▶ _EXERCISE GOAL_: Copy out, exactly, the first line of the entries below and every line after it through the one containing "Answer (ended ok) = ⊥".

--- DATA ---

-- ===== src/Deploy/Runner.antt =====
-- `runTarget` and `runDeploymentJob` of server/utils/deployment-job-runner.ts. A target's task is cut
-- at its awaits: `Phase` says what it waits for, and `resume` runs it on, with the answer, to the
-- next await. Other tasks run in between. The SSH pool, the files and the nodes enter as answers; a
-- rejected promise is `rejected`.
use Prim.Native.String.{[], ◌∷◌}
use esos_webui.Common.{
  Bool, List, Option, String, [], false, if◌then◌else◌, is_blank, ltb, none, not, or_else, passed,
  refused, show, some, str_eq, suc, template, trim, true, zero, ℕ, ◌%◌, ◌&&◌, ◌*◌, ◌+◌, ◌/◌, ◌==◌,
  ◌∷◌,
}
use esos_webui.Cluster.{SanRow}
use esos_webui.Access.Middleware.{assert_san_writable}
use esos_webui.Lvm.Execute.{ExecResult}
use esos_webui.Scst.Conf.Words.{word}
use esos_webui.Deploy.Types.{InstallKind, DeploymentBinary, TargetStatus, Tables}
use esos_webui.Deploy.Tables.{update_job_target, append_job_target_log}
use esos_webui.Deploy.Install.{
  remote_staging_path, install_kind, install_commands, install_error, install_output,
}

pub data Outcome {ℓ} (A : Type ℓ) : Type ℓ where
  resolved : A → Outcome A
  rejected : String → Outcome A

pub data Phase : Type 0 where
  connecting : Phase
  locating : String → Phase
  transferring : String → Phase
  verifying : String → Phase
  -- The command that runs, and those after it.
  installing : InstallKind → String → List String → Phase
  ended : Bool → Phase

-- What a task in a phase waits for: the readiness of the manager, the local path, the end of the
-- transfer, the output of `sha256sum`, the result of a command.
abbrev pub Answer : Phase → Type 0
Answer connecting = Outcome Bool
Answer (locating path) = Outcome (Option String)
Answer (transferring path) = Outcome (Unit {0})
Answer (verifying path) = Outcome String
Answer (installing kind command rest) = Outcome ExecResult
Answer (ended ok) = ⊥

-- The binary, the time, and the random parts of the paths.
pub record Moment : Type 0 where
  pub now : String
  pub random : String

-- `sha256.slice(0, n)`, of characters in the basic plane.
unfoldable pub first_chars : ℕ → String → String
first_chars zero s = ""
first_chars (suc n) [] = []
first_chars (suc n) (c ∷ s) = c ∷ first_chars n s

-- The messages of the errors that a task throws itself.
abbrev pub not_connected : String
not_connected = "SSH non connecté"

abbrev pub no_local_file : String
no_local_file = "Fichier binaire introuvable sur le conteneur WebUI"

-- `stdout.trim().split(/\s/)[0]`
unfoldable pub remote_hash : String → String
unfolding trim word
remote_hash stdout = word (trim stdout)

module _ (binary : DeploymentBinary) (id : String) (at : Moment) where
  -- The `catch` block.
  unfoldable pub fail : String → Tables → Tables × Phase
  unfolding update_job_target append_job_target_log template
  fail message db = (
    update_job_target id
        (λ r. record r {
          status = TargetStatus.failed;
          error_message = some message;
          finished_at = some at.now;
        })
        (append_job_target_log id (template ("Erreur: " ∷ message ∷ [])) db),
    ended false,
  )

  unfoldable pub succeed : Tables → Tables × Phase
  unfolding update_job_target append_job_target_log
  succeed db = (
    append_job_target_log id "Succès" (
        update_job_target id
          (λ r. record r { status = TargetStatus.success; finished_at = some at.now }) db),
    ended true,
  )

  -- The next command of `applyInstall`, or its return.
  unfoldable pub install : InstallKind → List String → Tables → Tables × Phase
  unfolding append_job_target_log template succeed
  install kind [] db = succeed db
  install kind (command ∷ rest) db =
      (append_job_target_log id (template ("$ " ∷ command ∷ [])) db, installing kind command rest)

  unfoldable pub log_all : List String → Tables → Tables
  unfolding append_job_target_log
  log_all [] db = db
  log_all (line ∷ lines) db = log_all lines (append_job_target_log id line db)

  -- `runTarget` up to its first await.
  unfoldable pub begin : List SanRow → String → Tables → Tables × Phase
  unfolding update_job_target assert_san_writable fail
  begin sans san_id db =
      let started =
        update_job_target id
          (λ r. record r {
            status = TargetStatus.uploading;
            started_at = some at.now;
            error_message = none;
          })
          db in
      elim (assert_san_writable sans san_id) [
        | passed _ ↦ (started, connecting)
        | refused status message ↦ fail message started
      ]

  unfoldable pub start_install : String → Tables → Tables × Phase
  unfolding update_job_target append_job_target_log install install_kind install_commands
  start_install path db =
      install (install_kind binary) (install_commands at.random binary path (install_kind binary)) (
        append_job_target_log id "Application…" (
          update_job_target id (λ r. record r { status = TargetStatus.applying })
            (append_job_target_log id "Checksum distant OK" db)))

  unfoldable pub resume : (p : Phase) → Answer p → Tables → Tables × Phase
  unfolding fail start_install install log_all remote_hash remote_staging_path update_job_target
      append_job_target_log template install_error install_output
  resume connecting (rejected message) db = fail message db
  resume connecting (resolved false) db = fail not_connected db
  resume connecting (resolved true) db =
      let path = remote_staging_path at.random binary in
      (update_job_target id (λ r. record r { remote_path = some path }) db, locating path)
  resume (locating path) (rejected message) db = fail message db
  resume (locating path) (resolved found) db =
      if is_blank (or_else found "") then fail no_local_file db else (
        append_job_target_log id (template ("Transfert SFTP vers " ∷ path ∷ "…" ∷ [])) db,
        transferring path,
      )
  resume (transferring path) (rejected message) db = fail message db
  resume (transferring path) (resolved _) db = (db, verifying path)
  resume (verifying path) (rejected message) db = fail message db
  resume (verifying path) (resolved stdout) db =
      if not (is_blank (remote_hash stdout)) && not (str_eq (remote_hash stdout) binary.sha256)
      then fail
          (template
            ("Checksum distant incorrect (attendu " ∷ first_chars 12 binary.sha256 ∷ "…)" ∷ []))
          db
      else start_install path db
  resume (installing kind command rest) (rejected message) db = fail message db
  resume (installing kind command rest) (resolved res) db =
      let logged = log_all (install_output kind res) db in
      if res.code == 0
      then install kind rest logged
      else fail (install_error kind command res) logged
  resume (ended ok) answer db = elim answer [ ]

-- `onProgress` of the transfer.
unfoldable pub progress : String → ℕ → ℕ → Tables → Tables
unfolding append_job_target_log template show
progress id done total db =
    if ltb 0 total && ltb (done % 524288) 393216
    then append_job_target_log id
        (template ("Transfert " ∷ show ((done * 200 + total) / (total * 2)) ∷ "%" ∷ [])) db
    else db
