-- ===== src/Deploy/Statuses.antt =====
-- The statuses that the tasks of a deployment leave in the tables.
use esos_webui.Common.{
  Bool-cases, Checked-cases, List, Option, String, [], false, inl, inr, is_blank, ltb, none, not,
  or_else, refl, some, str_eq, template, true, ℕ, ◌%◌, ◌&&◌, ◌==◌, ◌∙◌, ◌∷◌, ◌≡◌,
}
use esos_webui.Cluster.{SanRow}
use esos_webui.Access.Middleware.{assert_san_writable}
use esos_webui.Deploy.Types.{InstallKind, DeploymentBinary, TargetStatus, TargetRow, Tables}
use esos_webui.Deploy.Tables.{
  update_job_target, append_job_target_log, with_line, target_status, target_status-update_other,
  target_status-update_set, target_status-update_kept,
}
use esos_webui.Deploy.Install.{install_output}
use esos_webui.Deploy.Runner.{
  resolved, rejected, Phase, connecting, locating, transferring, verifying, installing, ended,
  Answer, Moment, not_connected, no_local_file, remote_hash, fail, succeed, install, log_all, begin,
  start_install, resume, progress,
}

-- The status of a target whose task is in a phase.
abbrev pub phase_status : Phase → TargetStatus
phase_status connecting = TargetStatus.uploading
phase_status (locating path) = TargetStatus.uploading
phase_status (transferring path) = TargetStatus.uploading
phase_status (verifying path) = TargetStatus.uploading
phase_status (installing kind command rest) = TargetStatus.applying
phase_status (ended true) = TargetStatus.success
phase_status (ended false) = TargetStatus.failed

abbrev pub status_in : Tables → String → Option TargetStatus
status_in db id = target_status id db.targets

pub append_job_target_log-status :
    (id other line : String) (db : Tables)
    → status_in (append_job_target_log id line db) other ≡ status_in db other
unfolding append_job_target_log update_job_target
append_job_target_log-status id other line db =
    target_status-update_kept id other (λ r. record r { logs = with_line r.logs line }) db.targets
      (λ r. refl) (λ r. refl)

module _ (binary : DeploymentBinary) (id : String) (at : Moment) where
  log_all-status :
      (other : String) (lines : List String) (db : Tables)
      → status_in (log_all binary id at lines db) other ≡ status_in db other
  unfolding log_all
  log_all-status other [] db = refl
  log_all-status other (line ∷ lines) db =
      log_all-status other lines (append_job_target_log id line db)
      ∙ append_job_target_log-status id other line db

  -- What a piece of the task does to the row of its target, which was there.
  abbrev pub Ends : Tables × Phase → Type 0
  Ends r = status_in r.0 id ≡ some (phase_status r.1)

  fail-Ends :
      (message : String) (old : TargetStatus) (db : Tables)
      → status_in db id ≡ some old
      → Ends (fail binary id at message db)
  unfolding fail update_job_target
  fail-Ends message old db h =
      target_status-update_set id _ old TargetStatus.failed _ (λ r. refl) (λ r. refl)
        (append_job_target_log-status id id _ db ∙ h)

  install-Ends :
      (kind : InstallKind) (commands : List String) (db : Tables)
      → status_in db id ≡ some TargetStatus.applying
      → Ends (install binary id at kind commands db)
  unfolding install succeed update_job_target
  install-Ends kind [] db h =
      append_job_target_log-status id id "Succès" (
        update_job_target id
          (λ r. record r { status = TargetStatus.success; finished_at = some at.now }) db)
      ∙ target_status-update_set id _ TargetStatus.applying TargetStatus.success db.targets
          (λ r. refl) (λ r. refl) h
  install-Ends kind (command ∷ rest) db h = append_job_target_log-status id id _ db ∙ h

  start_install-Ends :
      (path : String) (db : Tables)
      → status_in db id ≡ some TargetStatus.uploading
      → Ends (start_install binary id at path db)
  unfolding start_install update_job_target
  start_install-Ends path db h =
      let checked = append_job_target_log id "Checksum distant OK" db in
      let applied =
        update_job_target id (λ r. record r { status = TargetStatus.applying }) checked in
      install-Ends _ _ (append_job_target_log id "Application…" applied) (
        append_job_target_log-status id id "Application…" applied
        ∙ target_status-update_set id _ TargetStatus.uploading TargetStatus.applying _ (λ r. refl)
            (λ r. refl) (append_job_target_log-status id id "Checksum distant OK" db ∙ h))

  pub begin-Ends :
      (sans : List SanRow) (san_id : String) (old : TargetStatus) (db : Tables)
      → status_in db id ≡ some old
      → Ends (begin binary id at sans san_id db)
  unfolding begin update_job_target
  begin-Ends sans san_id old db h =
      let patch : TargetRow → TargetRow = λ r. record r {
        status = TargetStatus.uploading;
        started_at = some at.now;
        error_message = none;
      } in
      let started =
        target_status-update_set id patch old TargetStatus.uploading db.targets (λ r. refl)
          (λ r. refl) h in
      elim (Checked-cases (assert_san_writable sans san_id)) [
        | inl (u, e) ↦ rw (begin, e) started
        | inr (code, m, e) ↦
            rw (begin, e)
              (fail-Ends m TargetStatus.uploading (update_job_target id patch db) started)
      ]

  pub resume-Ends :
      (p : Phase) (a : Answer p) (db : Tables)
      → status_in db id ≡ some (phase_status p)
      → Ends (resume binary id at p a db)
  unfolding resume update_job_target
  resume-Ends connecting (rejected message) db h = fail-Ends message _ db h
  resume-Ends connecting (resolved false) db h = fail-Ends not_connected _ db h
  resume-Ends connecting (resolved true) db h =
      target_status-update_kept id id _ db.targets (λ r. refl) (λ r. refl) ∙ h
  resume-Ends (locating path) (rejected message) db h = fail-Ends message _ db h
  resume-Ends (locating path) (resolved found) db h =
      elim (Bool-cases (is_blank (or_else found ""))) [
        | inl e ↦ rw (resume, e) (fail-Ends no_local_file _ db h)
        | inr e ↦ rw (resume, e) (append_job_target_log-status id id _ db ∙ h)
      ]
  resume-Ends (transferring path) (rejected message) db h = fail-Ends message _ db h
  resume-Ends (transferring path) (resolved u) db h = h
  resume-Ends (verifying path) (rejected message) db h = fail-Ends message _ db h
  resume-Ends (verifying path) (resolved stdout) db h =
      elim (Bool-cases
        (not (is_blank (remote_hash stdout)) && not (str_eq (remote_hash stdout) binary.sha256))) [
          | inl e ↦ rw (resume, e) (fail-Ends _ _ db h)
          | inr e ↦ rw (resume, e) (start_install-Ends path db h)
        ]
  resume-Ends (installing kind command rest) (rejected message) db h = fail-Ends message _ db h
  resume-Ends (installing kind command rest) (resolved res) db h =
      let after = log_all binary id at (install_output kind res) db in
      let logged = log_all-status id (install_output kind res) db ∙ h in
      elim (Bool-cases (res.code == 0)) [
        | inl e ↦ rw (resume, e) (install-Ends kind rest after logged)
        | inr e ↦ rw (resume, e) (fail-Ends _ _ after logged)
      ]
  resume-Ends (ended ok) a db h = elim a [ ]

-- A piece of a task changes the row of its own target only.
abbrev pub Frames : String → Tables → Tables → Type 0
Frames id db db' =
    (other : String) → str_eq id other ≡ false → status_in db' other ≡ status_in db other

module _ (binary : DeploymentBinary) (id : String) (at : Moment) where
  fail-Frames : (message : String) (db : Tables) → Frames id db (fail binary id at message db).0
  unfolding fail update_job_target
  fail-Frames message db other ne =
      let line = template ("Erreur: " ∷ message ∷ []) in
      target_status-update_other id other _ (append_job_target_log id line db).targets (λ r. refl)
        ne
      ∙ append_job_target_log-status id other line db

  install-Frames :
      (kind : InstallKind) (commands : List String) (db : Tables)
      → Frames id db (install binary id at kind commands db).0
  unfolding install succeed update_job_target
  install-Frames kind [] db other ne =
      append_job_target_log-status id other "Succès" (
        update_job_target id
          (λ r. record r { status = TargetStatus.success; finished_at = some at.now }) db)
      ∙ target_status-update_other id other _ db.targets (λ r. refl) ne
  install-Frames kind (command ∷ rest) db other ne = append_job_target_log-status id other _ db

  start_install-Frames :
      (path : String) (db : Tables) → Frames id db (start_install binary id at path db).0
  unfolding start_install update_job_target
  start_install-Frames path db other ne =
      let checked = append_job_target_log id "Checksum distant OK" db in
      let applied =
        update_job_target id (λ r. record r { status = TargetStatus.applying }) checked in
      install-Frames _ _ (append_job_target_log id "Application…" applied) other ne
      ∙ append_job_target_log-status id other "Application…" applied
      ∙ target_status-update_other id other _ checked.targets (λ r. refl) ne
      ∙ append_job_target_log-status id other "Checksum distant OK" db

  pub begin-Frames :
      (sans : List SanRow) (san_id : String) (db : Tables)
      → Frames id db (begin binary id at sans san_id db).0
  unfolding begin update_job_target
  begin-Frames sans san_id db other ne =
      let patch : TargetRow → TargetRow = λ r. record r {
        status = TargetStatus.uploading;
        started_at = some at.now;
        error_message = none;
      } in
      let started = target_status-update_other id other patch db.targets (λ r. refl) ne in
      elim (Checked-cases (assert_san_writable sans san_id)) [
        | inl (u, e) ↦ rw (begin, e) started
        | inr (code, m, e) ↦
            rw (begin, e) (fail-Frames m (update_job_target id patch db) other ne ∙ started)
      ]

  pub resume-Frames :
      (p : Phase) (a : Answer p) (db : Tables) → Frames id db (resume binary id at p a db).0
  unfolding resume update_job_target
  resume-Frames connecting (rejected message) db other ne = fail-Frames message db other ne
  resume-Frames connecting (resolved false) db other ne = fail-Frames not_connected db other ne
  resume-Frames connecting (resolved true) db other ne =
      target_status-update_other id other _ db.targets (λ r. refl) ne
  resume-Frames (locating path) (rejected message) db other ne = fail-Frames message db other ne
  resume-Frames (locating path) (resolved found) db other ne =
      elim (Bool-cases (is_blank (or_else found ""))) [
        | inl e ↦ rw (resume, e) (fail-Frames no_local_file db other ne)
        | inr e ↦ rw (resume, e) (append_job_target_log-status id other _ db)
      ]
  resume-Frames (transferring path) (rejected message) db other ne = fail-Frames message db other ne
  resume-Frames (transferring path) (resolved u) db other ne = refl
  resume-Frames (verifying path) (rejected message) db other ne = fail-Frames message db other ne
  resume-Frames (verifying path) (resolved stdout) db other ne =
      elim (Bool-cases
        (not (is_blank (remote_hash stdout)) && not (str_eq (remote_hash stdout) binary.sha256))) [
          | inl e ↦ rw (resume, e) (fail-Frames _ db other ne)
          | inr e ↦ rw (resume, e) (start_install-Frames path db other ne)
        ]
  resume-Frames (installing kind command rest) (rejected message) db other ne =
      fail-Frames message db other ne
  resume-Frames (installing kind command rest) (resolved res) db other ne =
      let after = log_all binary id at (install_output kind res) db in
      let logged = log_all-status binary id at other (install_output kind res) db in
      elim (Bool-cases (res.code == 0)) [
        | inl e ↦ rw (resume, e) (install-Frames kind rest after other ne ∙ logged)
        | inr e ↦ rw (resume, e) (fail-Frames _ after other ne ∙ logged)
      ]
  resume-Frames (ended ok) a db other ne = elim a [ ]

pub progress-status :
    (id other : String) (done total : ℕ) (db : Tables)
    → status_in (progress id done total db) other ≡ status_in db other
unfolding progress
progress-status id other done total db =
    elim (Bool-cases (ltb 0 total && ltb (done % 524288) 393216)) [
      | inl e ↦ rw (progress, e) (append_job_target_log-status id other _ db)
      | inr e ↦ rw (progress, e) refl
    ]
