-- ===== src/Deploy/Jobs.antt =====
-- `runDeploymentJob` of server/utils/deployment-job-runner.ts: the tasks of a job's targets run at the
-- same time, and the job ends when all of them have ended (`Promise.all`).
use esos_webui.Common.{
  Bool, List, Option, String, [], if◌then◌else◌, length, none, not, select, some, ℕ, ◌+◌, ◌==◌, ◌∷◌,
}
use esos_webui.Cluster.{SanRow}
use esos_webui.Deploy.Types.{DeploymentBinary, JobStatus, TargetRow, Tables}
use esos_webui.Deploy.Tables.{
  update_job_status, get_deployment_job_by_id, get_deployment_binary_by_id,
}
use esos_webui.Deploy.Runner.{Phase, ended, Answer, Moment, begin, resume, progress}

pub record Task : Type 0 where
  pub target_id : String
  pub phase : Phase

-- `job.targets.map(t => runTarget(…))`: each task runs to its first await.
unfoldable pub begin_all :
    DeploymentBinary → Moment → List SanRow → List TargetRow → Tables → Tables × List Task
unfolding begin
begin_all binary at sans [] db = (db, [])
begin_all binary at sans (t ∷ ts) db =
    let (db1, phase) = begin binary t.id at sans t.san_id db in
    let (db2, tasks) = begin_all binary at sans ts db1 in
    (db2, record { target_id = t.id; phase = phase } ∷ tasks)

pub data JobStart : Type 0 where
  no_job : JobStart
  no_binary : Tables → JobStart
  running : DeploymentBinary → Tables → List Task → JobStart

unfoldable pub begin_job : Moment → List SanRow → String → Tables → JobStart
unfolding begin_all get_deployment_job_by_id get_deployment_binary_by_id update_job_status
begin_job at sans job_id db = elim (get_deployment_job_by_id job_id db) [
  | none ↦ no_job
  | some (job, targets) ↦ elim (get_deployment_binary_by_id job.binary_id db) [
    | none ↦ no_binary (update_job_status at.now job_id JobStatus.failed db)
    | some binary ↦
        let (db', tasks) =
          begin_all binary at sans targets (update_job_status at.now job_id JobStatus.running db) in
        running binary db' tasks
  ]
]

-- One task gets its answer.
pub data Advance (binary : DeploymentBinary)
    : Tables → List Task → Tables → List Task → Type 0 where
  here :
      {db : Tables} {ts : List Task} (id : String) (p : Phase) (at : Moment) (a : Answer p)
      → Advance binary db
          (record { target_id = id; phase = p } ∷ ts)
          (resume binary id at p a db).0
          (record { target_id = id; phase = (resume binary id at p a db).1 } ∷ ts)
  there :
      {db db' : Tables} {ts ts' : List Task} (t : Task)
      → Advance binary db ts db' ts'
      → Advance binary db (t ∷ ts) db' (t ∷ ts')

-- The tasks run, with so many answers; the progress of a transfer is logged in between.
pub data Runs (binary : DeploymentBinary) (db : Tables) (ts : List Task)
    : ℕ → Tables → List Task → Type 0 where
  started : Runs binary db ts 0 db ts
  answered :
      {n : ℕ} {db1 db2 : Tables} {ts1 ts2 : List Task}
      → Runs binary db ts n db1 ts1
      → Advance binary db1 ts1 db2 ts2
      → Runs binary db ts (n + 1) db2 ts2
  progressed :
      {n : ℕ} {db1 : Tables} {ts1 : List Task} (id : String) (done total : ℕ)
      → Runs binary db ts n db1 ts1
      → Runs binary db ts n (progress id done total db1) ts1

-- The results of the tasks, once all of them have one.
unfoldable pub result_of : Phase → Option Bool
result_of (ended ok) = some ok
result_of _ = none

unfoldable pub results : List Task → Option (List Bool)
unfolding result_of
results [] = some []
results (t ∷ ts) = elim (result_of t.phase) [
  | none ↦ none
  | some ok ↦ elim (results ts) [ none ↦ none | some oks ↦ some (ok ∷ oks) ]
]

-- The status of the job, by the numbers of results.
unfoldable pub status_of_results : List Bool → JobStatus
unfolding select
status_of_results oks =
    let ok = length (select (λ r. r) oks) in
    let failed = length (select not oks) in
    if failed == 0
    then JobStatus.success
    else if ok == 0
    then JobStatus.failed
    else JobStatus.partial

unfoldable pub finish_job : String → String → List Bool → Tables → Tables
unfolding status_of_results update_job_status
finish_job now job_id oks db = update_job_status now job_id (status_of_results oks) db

---

▶ _RESULT OF THIS TASK_:
-- ===== src/Deploy/Runner.antt =====
-- `runTarget` and `runDeploymentJob` of server/utils/deployment-job-runner.ts. A target's task is cut
-- at its awaits: `Phase` says what it waits for, and `resume` runs it on, with the answer, to the
-- next await. Other tasks run in between. The SSH pool, the files and the nodes enter as answers; a
-- rejected promise is `rejected`.
use Prim.Native.String.{[], ◌∷◌}
use esos_webui.Common.{
  Bool, List, Option, String, [], false, if◌then◌else◌, is_blank, ltb, none, not, or_else, passed,
  refused, show, some, str_eq, suc, template, trim, true, zero, ℕ, ◌%◌, ◌&&◌, ◌*◌, ◌+◌, ◌/◌, ◌==◌,
  ◌∷◌,
}
use esos_webui.Cluster.{SanRow}
use esos_webui.Access.Middleware.{assert_san_writable}
use esos_webui.Lvm.Execute.{ExecResult}
use esos_webui.Scst.Conf.Words.{word}
use esos_webui.Deploy.Types.{InstallKind, DeploymentBinary, TargetStatus, Tables}
use esos_webui.Deploy.Tables.{update_job_target, append_job_target_log}
use esos_webui.Deploy.Install.{
  remote_staging_path, install_kind, install_commands, install_error, install_output,
}

pub data Outcome {ℓ} (A : Type ℓ) : Type ℓ where
  resolved : A → Outcome A
  rejected : String → Outcome A

pub data Phase : Type 0 where
  connecting : Phase
  locating : String → Phase
  transferring : String → Phase
  verifying : String → Phase
  -- The command that runs, and those after it.
  installing : InstallKind → String → List String → Phase
  ended : Bool → Phase

-- What a task in a phase waits for: the readiness of the manager, the local path, the end of the
-- transfer, the output of `sha256sum`, the result of a command.
abbrev pub Answer : Phase → Type 0
Answer connecting = Outcome Bool
Answer (locating path) = Outcome (Option String)
Answer (transferring path) = Outcome (Unit {0})
Answer (verifying path) = Outcome String
Answer (installing kind command rest) = Outcome ExecResult
Answer (ended ok) = ⊥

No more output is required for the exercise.